• WORK REQUEST: Nothing but the lines from the one containing "-- from what" to the end of the data should be returned, each exactly as written.

Dataset entries:
--- --- ---

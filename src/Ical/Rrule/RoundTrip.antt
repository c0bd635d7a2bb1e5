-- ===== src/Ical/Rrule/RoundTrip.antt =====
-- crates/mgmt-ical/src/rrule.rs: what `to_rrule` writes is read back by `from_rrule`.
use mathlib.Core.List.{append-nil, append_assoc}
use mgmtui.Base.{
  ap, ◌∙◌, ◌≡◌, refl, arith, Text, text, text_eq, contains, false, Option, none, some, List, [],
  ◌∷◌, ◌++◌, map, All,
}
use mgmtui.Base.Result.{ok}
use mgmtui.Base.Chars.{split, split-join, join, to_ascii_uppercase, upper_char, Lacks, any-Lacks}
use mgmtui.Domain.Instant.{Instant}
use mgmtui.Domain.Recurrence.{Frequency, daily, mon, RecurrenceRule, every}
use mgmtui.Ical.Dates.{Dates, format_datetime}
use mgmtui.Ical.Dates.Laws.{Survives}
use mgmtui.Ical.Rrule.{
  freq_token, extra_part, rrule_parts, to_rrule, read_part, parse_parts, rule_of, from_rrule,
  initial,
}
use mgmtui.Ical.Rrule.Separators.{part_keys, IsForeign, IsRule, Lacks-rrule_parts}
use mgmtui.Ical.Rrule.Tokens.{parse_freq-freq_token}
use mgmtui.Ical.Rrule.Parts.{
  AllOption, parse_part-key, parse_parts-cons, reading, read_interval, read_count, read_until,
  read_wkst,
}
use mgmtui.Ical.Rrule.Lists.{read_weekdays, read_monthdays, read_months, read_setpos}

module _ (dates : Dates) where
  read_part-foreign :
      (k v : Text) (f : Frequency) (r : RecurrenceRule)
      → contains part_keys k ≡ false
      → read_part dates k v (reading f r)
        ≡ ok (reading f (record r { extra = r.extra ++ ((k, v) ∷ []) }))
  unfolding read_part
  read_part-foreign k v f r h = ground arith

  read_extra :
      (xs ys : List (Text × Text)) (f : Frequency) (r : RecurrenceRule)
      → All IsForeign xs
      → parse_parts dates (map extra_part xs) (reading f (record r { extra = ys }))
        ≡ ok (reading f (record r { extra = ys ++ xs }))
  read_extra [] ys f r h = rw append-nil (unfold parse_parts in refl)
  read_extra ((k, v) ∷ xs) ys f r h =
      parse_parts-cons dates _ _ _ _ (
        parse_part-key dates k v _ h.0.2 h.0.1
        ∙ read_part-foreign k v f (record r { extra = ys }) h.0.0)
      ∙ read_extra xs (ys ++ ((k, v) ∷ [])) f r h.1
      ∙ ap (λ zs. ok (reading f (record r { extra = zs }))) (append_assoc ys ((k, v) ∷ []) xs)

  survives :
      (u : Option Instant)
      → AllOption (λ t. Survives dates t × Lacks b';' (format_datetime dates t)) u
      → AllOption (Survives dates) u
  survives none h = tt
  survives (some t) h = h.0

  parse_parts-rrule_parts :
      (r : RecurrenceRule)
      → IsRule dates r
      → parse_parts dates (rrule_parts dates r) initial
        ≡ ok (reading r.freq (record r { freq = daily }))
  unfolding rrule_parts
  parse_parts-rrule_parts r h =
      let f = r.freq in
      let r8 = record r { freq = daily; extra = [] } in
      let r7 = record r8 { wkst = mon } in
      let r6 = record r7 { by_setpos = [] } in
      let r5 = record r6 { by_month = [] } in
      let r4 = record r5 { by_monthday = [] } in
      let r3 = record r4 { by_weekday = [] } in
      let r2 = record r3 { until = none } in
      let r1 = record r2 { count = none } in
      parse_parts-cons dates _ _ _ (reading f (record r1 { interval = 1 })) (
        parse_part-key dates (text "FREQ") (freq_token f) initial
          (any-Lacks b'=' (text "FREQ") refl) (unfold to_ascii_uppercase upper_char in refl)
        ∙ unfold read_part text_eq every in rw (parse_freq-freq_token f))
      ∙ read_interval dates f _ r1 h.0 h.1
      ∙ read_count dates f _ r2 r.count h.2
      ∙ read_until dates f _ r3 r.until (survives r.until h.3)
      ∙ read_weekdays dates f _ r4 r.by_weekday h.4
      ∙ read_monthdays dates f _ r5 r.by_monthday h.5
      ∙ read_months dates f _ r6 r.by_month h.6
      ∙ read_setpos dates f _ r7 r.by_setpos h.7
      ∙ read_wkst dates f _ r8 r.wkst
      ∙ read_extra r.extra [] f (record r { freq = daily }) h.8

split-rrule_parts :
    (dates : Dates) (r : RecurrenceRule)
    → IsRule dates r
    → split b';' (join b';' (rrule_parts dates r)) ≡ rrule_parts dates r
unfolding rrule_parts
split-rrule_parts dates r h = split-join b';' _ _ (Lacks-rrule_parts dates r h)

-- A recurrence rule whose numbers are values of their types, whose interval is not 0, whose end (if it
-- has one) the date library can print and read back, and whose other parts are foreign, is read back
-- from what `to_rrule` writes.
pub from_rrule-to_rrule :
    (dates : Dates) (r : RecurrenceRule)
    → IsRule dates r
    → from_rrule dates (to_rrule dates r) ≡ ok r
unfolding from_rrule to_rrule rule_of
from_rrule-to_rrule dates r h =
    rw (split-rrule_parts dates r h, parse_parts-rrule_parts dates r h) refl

--- --- ---

• RESULT BELOW:
-- from what `to_rrule` writes.
pub from_rrule-to_rrule :
    (dates : Dates) (r : RecurrenceRule)
    → IsRule dates r
    → from_rrule dates (to_rrule dates r) ≡ ok r
unfolding from_rrule to_rrule rule_of
from_rrule-to_rrule dates r h =
    rw (split-rrule_parts dates r h, parse_parts-rrule_parts dates r h) refl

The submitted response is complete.